Ed ecco le formazioni con capitan Tedesco in campo e Caccia che parte dalla panchina, lo speaker annuncia Bacis in campo con il numero 5 ma si vede chiaramente che si tratta di De Angelis, ormai anche senza nomi sulle maglie si riesce a distinguere un giocatore dall’altro. In porta Gazzoli, centrali di difesa Stellini e Baldini, a sinistra il già citato De Angelis e a destra Ambrogioni. A centrocampo Lamacchi è schierato a destra con Tedesco in mezzo e De Vezze a destra; trio d’attacco composto da Rossi e Grabbi sulle fasce e Sinigallia centrale.

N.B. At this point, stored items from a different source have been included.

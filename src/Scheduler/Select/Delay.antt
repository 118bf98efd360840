-- ===== src/Scheduler/Select/Delay.antt =====
-- The synchronising delay, and which links are chosen.
use chainlightning.Base.{
  ℕ, ◌%◌, ◌<◌, ◌≡◌, refl, inl, inr, ◌⊎◌, List, [], ◌∷◌, Option, none, some, Bool, true, false,
  arith, Bool-cases, ltb, ltb→lt, ltb→le, add64, add32,
}
use chainlightning.Scheduler.State.{LinkState, LinkScheduler}
use chainlightning.Scheduler.Select.{select_loop, first_weighted, or_else, or_zero, schedule}

-- The id belongs to a link with a positive weight.
abbrev pub InUse : ℕ → List LinkState → Type 0
InUse i [] = ⊥
InUse i (l ∷ ls) = ((l.id ≡ i) × (0 < l.weight)) ⊎ InUse i ls

abbrev pub AllIdle : List LinkState → Type 0
AllIdle [] = Unit
AllIdle (l ∷ ls) = (l.weight ≡ 0) × AllIdle ls

abbrev Chosen : List LinkState → Option ℕ → Type 0
Chosen ls none = Unit
Chosen ls (some i) = InUse i ls

select_loop-Chosen : (p c : ℕ) (ls : List LinkState) → Chosen ls (select_loop p c ls)
unfolding select_loop
select_loop-Chosen p c [] = tt
select_loop-Chosen p c (l ∷ ls) =
    ground (arith, select_loop-Chosen p c ls, select_loop-Chosen p (add32 c l.weight) ls)

first_weighted-InUse :
    (ls : List LinkState)
    → AllIdle ls × (first_weighted ls ≡ none)
      ⊎ ((i : ℕ) × (first_weighted ls ≡ some i) × InUse i ls)
unfolding first_weighted
first_weighted-InUse [] = inl (tt, refl)
first_weighted-InUse (l ∷ ls) = elim (Bool-cases (ltb 0 l.weight)) [
  | inl e ↦ inr (l.id, rw e, inl (refl, ltb→lt 0 l.weight e))
  | inr e ↦ elim (first_weighted-InUse ls) [
    | inl (idle, missing) ↦ inl ((omega (arith, ltb→le 0 l.weight e), idle), rw e missing)
    | inr (i, found, used) ↦ inr (i, rw e found, inr used)
  ]
]

-- An id of a link in use, or 0 where no link is in use.
abbrev pub IsChoice : ℕ → List LinkState → Type 0
IsChoice i ls = InUse i ls ⊎ (AllIdle ls × (i ≡ 0))

or_else-IsChoice :
    (ls : List LinkState) (o : Option ℕ)
    → Chosen ls o
    → IsChoice (or_else o (or_zero (first_weighted ls))) ls
or_else-IsChoice ls (some i) h = inl h
or_else-IsChoice ls none h = elim (first_weighted-InUse ls) [
  | inl (idle, missing) ↦ rw missing (inr (idle, refl))
  | inr (i, found, used) ↦ rw found (inl used)
]

module _ {F : Type 0} where
  -- Every chunk goes to a link with a positive weight; only where all weights are 0 it goes to link
  -- 0, which is then not in use either.
  pub schedule-IsChoice :
      (s : LinkScheduler F) (chunk_size : ℕ) (multi_link : Bool)
      → IsChoice (schedule s chunk_size multi_link).0.link_id s.links
  unfolding schedule
  schedule-IsChoice s chunk_size true =
      or_else-IsChoice s.links _ (select_loop-Chosen (add64 s.cursor 1 % s.total_weight) 0 s.links)
  schedule-IsChoice s chunk_size false =
      or_else-IsChoice s.links _ (select_loop-Chosen (add64 s.cursor 1 % s.total_weight) 0 s.links)
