-- ===== src/Scheduler/History.antt =====
-- The scheduler over any sequence of requests.
pub mod Consistent
pub mod Choice
use native.Mathlib.Nat.{add-suc, add-zero}
use chainlightning.Base.{
  ℕ, zero, suc, ◌+◌, ◌≤◌, ◌<◌, ◌≡◌, refl, sym, ap, ◌∙◌, inl, inr, List, [], ◌∷◌, Bool, true, false,
  arith, Bool-cases, ltb, map, length, modify, length-map, subst,
}
use chainlightning.Clock.{elapsed}
use chainlightning.Floats.{Floats}
use chainlightning.Scheduler.State.{
  LinkState, LinkScheduler, LinkSchedulerConfig, new, new_links, new_link, record_sent,
  record_delivered, update_rtt, sum_weights, total_of,
}
use chainlightning.Scheduler.Weights.{
  adjust, reset, put_weights, maybe_adjust_weights, recalculate_total_weight, ack_bytes,
  set_weights, set_rate_controlled_weights, force_recalculate, measure_link, update_link,
}
use chainlightning.Scheduler.Select.{schedule, indexes}
use chainlightning.Scheduler.Select.Delay.{IsChoice, InUse, schedule-IsChoice}

pub data Request : Type 0 where
  schedules : (chunk_size : ℕ) (multi_link : Bool) → Request
  measures : (link_id measured rtt_us : ℕ) (healthy : Bool) (now : ℕ) → Request
  acks : (link_id bytes : ℕ) → Request
  sets : List ℕ → Request
  rates : List ℕ → Request
  resets : Request

module _ (fl : Floats) where
  open fl use {F64}

  unfoldable pub step : LinkScheduler F64 → Request → LinkScheduler F64
  step s (schedules chunk_size multi_link) = (schedule s chunk_size multi_link).1
  step s (measures link_id measured rtt_us healthy now) =
      update_link fl link_id measured rtt_us healthy now s
  step s (acks link_id bytes) = ack_bytes link_id bytes s
  step s (sets ws) = set_weights ws s
  step s (rates ws) = set_rate_controlled_weights ws s
  step s resets = force_recalculate s

  unfoldable pub run : LinkScheduler F64 → List Request → LinkScheduler F64
  unfolding step
  run s [] = s
  run s (r ∷ rs) = run (step s r) rs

Zaniolo è schierato nel ruolo a lui più congeniale: quello dello spettatore infatti non è nemmeno in panchina ma siede in tribuna o nel salotto di casa sua, condivido la scelta del mister.

L’inizio è un vero arrembaggio alla porta del Giulianova: tre tiri in porta nell’arco di dieci minuti! Stupore e meraviglia…giochiamo a calcio!

Lamacchi a destra si muove bene, molto meglio che a sinistra come a Sesto mentre De Vezzi gioca meglio a sinistra rispetto che a destra…scambiando le ali il risultato cambia eccome.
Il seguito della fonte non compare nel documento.